(Collected data)
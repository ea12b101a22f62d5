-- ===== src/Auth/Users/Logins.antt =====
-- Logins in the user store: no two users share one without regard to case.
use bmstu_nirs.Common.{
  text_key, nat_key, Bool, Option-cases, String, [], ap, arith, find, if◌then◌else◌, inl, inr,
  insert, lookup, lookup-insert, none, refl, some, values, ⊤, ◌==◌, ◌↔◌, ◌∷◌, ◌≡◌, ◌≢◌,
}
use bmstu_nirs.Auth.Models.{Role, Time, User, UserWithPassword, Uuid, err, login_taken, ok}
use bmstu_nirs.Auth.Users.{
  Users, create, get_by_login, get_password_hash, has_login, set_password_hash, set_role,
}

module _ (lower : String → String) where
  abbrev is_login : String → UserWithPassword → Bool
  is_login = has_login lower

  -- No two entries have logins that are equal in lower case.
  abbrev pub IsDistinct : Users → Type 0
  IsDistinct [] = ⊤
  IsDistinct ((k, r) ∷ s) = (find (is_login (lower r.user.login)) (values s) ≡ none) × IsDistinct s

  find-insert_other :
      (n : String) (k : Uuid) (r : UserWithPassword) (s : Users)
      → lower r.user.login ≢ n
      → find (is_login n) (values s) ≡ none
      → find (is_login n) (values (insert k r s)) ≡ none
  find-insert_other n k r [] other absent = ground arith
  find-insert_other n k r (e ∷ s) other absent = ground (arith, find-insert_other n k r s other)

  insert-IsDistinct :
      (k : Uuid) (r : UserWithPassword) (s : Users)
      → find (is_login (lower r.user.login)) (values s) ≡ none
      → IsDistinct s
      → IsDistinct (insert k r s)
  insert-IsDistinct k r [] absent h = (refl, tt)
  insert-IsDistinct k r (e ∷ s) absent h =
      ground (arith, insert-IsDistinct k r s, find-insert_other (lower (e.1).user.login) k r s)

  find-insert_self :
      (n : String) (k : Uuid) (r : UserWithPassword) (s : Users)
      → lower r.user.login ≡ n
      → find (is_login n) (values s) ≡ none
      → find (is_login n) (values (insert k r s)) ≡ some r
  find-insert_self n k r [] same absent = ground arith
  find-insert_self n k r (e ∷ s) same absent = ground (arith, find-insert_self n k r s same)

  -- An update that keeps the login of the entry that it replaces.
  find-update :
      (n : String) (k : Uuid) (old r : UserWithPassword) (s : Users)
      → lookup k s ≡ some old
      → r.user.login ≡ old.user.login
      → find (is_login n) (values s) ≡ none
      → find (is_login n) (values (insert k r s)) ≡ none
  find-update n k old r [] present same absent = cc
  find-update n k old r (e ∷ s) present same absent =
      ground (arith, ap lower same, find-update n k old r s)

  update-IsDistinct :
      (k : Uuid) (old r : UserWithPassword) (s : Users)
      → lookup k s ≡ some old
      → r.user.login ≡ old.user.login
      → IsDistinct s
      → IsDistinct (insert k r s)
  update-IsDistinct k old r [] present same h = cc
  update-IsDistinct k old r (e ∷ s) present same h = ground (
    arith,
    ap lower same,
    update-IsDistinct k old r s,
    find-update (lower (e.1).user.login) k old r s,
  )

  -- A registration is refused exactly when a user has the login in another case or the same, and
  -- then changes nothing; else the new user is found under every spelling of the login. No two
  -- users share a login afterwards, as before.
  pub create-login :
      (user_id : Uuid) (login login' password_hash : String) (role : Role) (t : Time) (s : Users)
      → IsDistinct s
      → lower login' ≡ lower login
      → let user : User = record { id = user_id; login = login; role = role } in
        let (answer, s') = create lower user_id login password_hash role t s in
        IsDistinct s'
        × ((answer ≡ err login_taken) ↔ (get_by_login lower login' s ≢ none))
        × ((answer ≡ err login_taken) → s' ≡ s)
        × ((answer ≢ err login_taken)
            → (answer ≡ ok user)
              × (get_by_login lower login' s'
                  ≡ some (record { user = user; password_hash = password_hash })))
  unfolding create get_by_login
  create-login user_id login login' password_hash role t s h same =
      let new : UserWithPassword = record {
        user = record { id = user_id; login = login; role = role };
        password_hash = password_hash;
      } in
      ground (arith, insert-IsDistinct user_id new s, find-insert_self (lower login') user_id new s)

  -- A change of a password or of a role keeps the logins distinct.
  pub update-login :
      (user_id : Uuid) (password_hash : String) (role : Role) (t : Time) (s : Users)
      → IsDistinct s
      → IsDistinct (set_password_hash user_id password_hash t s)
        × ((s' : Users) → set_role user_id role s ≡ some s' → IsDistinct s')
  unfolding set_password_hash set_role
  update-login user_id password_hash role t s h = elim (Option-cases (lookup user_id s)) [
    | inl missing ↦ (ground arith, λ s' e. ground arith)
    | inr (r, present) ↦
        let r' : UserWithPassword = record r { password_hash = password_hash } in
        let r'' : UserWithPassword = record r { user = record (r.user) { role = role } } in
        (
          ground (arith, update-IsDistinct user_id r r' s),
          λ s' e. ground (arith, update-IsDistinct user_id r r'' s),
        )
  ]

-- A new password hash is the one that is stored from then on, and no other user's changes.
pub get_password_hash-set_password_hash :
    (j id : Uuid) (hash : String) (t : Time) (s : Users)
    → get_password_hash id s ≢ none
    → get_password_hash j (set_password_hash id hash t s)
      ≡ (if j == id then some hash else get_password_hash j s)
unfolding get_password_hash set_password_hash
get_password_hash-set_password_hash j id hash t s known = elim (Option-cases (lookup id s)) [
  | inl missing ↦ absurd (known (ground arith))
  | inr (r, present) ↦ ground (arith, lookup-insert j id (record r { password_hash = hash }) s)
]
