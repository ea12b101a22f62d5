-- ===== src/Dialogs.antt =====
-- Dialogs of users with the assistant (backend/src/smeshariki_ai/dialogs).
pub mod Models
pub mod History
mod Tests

Task to carry out: Considering only lines that contain the word "same", say how many there are in the data, with no other text.

Response to this exercise: 10